┌─ Dataset excerpts
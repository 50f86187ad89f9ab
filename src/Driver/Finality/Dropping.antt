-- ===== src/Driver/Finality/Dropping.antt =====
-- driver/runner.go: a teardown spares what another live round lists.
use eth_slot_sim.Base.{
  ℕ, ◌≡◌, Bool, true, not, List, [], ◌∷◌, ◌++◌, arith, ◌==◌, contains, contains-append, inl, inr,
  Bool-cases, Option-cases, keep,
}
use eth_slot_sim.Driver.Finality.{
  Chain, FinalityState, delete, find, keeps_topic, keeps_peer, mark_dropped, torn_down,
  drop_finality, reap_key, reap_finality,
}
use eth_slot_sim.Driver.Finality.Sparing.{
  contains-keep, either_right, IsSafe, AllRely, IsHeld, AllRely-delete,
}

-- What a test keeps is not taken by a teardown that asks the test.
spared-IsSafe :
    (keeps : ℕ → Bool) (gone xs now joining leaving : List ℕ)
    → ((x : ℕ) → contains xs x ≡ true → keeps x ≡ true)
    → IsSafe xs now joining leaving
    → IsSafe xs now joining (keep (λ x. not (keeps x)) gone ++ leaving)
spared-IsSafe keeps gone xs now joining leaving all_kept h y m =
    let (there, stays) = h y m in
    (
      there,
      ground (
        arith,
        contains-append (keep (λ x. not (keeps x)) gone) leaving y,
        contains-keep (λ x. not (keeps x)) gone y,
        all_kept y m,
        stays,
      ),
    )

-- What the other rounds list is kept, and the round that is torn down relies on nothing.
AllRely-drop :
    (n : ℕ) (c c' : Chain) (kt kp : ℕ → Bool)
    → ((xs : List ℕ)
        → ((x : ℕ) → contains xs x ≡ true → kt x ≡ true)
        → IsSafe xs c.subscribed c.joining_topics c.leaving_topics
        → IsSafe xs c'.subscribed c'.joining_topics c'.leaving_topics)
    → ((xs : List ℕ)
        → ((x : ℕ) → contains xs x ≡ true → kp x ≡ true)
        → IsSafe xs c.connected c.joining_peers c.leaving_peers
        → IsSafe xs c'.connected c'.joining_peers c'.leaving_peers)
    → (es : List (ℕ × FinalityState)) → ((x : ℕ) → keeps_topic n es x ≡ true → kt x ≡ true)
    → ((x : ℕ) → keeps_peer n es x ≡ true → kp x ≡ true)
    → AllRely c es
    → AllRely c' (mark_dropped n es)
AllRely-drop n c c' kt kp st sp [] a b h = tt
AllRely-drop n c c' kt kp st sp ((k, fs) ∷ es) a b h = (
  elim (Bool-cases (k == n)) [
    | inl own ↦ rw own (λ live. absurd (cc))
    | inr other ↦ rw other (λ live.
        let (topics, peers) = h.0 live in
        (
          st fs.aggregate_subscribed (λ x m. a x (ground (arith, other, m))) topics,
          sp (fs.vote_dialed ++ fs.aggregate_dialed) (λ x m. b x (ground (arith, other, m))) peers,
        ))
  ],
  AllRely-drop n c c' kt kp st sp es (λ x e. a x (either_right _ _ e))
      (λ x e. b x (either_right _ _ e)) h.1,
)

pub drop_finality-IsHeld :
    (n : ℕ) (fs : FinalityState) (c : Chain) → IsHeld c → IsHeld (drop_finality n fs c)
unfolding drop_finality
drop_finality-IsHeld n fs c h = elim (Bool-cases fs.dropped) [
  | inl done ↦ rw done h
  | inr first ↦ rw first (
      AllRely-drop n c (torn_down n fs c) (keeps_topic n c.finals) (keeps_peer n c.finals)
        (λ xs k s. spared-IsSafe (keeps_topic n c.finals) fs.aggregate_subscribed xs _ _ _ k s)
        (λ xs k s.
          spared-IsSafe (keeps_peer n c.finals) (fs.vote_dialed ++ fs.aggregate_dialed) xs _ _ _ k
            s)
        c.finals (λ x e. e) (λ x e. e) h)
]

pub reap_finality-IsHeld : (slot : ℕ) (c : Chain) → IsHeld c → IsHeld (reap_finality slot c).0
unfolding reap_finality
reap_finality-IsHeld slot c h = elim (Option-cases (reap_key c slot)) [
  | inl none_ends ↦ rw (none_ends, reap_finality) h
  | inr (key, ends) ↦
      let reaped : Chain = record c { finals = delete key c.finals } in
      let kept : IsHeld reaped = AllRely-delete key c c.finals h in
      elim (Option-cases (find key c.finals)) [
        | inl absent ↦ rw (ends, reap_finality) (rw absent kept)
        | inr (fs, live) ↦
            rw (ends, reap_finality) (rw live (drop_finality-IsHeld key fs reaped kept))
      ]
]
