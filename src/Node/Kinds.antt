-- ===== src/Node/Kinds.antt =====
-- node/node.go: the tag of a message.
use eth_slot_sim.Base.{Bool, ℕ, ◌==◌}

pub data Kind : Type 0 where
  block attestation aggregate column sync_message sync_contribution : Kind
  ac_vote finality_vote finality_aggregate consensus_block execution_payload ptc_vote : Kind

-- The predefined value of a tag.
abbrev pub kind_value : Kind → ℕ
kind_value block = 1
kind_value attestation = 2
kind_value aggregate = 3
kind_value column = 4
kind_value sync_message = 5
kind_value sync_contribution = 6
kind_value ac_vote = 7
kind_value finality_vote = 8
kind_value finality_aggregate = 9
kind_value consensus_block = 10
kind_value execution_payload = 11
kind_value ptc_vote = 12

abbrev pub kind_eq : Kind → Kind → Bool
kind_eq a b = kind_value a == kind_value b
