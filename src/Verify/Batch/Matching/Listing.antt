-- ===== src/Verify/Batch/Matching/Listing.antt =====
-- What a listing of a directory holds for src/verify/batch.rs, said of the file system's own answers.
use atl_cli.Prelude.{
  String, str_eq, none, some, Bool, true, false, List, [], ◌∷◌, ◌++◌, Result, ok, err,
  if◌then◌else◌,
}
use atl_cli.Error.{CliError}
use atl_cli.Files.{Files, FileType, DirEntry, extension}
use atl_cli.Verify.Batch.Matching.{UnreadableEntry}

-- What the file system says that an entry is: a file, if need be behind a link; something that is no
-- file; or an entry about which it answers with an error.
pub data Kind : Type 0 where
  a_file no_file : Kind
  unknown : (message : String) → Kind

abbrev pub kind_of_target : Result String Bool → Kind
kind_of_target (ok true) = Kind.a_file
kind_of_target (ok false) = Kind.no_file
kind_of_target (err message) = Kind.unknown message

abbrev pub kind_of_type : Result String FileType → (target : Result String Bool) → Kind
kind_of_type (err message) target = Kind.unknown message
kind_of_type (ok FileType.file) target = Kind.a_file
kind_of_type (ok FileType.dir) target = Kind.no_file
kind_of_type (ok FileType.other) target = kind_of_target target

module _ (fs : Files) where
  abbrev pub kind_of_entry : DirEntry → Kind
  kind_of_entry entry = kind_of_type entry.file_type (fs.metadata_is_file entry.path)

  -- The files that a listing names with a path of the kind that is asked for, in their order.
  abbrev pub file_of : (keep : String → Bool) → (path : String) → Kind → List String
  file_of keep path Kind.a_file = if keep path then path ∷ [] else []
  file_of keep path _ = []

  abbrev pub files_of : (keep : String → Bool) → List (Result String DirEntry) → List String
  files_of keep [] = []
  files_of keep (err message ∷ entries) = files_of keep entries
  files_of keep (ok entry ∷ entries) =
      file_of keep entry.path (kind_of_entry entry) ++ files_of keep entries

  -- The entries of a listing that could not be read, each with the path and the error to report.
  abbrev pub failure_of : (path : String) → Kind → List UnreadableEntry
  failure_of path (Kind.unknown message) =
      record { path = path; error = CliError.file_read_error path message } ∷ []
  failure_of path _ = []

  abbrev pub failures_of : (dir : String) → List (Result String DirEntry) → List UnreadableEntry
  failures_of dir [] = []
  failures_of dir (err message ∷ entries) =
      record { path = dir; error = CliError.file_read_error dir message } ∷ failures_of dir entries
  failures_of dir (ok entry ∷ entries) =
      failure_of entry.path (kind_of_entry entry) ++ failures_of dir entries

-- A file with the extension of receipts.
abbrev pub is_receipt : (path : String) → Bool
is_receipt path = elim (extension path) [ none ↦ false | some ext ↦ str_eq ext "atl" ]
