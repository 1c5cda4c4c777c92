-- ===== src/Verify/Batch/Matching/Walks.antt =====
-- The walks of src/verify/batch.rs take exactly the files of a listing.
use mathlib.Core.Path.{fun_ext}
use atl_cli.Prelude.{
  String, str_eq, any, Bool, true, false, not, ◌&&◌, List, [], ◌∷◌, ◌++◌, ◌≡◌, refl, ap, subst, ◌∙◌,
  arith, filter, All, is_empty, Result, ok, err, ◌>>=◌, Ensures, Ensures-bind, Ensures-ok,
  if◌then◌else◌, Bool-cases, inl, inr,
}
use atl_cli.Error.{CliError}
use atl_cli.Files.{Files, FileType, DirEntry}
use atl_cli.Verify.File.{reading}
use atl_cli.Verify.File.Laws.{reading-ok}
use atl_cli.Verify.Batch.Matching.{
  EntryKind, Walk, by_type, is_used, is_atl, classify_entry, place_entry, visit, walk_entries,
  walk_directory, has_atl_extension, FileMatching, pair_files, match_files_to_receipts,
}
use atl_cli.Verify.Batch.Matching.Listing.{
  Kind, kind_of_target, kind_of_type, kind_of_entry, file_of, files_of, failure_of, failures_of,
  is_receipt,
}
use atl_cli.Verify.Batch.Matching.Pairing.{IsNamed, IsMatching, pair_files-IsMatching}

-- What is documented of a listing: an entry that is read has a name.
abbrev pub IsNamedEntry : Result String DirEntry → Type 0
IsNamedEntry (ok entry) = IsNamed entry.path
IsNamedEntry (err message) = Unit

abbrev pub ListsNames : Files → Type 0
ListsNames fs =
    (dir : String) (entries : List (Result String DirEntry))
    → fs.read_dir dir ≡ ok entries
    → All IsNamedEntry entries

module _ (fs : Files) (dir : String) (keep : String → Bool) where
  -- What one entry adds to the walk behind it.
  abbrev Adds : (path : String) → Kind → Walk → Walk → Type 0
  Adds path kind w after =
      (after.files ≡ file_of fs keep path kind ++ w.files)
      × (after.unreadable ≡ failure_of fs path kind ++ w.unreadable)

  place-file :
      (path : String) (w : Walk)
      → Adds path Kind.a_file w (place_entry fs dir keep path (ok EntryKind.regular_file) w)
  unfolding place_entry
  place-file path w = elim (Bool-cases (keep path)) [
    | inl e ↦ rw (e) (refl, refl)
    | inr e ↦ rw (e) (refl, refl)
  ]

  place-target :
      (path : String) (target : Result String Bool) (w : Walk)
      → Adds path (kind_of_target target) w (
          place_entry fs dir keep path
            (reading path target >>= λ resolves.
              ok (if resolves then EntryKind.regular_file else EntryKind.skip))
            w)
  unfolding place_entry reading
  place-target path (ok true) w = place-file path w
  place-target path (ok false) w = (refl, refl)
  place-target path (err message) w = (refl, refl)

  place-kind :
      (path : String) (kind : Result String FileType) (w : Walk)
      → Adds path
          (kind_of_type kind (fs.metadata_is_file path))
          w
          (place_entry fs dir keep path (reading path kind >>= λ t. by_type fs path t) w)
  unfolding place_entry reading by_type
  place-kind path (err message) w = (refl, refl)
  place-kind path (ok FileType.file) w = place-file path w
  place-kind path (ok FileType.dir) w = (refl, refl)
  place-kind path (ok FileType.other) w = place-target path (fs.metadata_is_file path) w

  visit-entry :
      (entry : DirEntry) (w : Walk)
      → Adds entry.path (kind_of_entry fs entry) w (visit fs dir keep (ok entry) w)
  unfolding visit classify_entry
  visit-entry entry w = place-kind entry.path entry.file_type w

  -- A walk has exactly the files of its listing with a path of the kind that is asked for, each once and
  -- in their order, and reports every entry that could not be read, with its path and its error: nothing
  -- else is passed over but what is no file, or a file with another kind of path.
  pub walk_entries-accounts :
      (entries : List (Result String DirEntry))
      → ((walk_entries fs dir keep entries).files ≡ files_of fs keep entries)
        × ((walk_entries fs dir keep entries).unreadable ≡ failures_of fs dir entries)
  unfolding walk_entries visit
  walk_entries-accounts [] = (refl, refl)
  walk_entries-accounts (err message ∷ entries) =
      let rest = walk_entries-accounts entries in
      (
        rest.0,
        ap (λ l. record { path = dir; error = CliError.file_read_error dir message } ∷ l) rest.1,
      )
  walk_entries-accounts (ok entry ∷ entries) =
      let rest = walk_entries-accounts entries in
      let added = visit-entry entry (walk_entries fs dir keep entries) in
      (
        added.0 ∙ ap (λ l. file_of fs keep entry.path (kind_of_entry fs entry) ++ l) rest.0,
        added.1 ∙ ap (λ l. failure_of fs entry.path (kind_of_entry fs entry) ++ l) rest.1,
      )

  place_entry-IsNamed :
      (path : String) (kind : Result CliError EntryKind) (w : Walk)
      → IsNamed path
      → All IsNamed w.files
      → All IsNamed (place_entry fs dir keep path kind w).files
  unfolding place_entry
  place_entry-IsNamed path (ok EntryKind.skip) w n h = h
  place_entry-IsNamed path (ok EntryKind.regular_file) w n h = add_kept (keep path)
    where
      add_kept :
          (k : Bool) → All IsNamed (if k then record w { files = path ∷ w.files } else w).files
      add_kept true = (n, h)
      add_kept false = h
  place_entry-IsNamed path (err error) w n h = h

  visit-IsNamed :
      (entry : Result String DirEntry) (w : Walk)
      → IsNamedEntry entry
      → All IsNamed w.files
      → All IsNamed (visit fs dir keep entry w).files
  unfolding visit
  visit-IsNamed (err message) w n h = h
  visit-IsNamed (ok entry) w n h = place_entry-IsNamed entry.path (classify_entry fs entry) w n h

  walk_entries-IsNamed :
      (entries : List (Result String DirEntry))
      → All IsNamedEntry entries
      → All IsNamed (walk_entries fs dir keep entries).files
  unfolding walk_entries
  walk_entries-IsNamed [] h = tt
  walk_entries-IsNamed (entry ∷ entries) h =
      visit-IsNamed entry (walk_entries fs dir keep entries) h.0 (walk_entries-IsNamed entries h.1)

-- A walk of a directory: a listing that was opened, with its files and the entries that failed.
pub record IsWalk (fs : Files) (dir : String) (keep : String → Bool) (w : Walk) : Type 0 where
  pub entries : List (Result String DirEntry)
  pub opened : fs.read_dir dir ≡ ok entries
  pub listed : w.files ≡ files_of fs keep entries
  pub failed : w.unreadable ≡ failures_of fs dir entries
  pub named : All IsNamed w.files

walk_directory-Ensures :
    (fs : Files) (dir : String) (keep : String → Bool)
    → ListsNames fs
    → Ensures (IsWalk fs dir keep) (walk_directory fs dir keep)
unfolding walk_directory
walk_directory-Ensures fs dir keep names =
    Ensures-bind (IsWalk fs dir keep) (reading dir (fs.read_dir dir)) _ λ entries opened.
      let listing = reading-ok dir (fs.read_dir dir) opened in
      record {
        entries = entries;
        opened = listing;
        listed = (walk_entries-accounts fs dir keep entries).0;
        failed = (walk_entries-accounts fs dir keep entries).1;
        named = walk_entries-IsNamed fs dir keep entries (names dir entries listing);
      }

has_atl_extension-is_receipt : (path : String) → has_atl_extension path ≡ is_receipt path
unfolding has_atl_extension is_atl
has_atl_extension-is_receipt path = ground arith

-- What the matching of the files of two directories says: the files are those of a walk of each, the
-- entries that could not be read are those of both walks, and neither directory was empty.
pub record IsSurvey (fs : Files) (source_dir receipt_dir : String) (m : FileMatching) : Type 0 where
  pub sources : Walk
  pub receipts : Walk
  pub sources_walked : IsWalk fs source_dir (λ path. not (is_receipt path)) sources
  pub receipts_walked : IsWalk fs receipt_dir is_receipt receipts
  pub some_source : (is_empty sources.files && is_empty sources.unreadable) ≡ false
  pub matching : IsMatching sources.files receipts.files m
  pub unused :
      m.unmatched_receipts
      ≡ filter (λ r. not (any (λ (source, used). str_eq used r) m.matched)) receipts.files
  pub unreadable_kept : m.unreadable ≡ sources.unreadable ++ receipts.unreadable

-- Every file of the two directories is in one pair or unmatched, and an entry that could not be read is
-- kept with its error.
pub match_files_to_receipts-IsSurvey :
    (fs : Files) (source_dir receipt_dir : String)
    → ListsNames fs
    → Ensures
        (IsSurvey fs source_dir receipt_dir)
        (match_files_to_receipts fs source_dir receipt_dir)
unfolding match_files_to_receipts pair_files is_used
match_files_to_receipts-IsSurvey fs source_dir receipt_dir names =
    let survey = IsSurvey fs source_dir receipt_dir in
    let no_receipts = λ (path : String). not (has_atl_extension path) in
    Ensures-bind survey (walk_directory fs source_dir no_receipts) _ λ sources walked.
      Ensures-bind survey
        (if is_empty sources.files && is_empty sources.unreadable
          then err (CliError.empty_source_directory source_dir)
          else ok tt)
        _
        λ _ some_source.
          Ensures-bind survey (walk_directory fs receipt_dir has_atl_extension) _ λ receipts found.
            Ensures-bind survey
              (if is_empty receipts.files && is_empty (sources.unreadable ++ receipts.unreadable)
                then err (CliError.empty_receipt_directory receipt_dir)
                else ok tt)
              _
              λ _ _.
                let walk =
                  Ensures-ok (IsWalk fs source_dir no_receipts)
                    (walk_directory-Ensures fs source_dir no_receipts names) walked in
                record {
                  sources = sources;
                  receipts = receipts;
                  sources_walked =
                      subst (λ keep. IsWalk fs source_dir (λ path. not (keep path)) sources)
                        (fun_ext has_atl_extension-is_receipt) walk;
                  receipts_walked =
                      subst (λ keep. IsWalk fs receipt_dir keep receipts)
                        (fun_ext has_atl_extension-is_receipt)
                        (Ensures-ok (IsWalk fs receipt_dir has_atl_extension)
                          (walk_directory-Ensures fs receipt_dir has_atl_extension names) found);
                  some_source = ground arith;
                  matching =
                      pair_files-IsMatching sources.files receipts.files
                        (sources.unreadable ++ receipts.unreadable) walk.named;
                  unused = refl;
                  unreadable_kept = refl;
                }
└─
## Problem to solve
All that is wanted is the stretch of lines above from the one containing "abbrev pub kind_of_type" through the one containing "abbrev pub failure_of", duplicated exactly.

## Task response
abbrev pub kind_of_type : Result String FileType → (target : Result String Bool) → Kind
kind_of_type (err message) target = Kind.unknown message
kind_of_type (ok FileType.file) target = Kind.a_file
kind_of_type (ok FileType.dir) target = Kind.no_file
kind_of_type (ok FileType.other) target = kind_of_target target

module _ (fs : Files) where
  abbrev pub kind_of_entry : DirEntry → Kind
  kind_of_entry entry = kind_of_type entry.file_type (fs.metadata_is_file entry.path)

  -- The files that a listing names with a path of the kind that is asked for, in their order.
  abbrev pub file_of : (keep : String → Bool) → (path : String) → Kind → List String
  file_of keep path Kind.a_file = if keep path then path ∷ [] else []
  file_of keep path _ = []

  abbrev pub files_of : (keep : String → Bool) → List (Result String DirEntry) → List String
  files_of keep [] = []
  files_of keep (err message ∷ entries) = files_of keep entries
  files_of keep (ok entry ∷ entries) =
      file_of keep entry.path (kind_of_entry entry) ++ files_of keep entries

  -- The entries of a listing that could not be read, each with the path and the error to report.
  abbrev pub failure_of : (path : String) → Kind → List UnreadableEntry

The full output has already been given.